Using the expanded definition of unemployment, the unemployment rate currently stands at 46.2%. This means almost half of able-bodied, working-age adults do not have jobs. The National Development Plan (NDP) calls for full employment by 2030; that goal will certainly not be achieved. We will be lucky if we have employment growth by then.

That we likely won’t achieve any real progress by 2030 calls into question the entire approach taken by the government, including in the NDP, to plan for economic outcomes. In South Africa this has never worked, going all the way back to the GEAR policy which was a great success, but missed its employment growth goals. Ever since then, we have had Industrial Action Plans (while manufacturing declined), Integrated Resource Plans (while we were getting less and less energy for higher and higher prices), and economic development plans which all sought to achieve growth without allowing South Africans to trade freely with one another and with outsiders.

The secret is that trade it cannot be centrally planned. It occurs where it is most convenient for the parties involved, and not simply where the government thinks it should happen. The Free Market Foundation (FMF) has over the years painstakingly argued for greater freedoms for South Africans, especially the freedom to trade.

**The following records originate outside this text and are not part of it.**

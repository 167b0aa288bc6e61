-- ===== src/Transpiler/Replay.antt =====
-- The visitor (transpiler/python_ast_visitor.py) against the traces of Transpiler/Expected.antt.
pub mod Operators
pub mod Expressions
pub mod Loops
pub mod Statements
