-- ===== src/Transpiler/Texts.antt =====
-- Texts that the visitor gives for two common forms.
use fcpp_bridge.Prelude.{String, false, List, [], ◌∷◌, ◌++◌, ◌≡◌, arith, string_key, ==-self}
use fcpp_bridge.Ipc.Exec.{ok}
use fcpp_bridge.Transpiler.Syntax
use fcpp_bridge.Transpiler.Syntax.{
  Expr, Comparisons, compare, unary_op, not_op, if_stmt, assign, seq, done,
}
use fcpp_bridge.Transpiler.Text.{◌<>◌, join}
use fcpp_bridge.Transpiler.Constants.{Namespace}
use fcpp_bridge.Transpiler.Visitor.{Visitor, member, declare}
use fcpp_bridge.Transpiler.Expressions.{visit, visit_chain, unary}
use fcpp_bridge.Transpiler.Statements.{visit_stmt, bind_name, block, indented, visit_assign}
use fcpp_bridge.Transpiler.Reports.{member-append}

module _ (constants : Namespace) where
  -- The negation of a row of comparisons is `!` before the comparisons joined by `&&`, with no
  -- parentheses round them: of two or more, only the first is negated.
  pub visit-not_compare :
      (l : Expr) (cs : Comparisons) (v u w : Visitor) (a : String) (parts : List String)
      → visit constants l v ≡ (ok a, u)
      → visit_chain constants a cs u ≡ (ok parts, w)
      → visit constants (unary_op not_op (compare l cs)) v
        ≡ (ok ("(!" <> join " && " parts <> ")"), w)
  unfolding visit unary
  visit-not_compare l cs v u w a parts p q = ground (arith, p, q)

  -- A name that both branches of an `if` assign first is declared by `auto` in the block of the first
  -- branch only; the `else` block assigns to a name that is not declared there.
  pub visit_stmt-if_assign :
      (dump : Expr → String) (t x a b : String) (v : Visitor)
      → member x v.declared_vars ≡ false
      → (visit_stmt constants dump
          (if_stmt
            (Syntax.name t)
            (seq (assign (Syntax.name x ∷ []) (Syntax.name a)) done)
            (seq (assign (Syntax.name x ∷ []) (Syntax.name b)) done))
          v).0
        ≡ ok (
            block ("if (" <> t <> ")") (indented ("auto " <> x <> " = " <> a <> ";") ++ [])
            <> block " else" (indented (x <> " = " <> b <> ";")))
  unfolding visit visit_stmt visit_assign bind_name declare member
  visit_stmt-if_assign dump t x a b v m =
      ground (arith, member-append x v.declared_vars (x ∷ []), ==-self x)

These arguments were largely ignored, and we now sit with the inevitable and predictable result.

The most urgent reforms are required in the labour market, where participants are burdened with regulation and offering any job is unnecessarily risky. First, a company is forced make sure it hires the ‘right’ applicant in terms of the Employment Equity Act, and the targets for that company flowing from the Act. A company can’t just hire anyone in terms of competence; they are forced to consider a person’s race or gender too.

Secondly, you are forced to deal with the minimum wage; it does not matter what the business can afford and what wage the applicant is willing to accept. Both parties cannot agree on a wage that is less than what the government is willing to accept. No matter if the applicant is really desperate for a job and hasn’t worked in years, and the business really needs the employee but only at that wage.

Thirdly, when you start paying the employee, their pay will attract additional taxes from the government. Even though the company is already taxed on its income and on every sale and purchase through value added tax (VAT), that is not enough. The employees’ income is also taxed through personal income tax and other payroll taxes like the Unemployment Insurance Fund (UIF).

Finally, if the employee is bad at their job, disciplining them is also regulated; you have to do it not according to the agreed contract, but according to government legislation, including going through the CCMA. It’s no wonder that almost half of South Africans are unemployed.

There are also troubling trends from the latest Labour Dynamics study by Statistics South Africa, covering the years 2015-2022. The percentage of those people who stay unemployed after becoming unemployed has risen from 67.5% in 2015 to 70.6% in 2020. This means unemployment is becoming more embedded in our society.

According to the study, hours worked were highest in machine/plant operator as well as services and sales occupations. Not surprisingly if you understand the effects of the national minimum wage, the lowest hours worked were in the domestic work occupations. In fact, the minimum wage is doing its intended job in raising median monthly earnings from R3100 in 2015 to R4000 in 2020; but at what cost given the rest of the employment statistics?

The only way to open the path of employment for the 77% of 15-24 year olds who are unemployed, is to repeal all of these regulations. Alternatively, the government can take the approach of exempting the particularly vulnerable groups like women, young people and black people from the employment laws via a job-seekers exemption certificate (JSEC).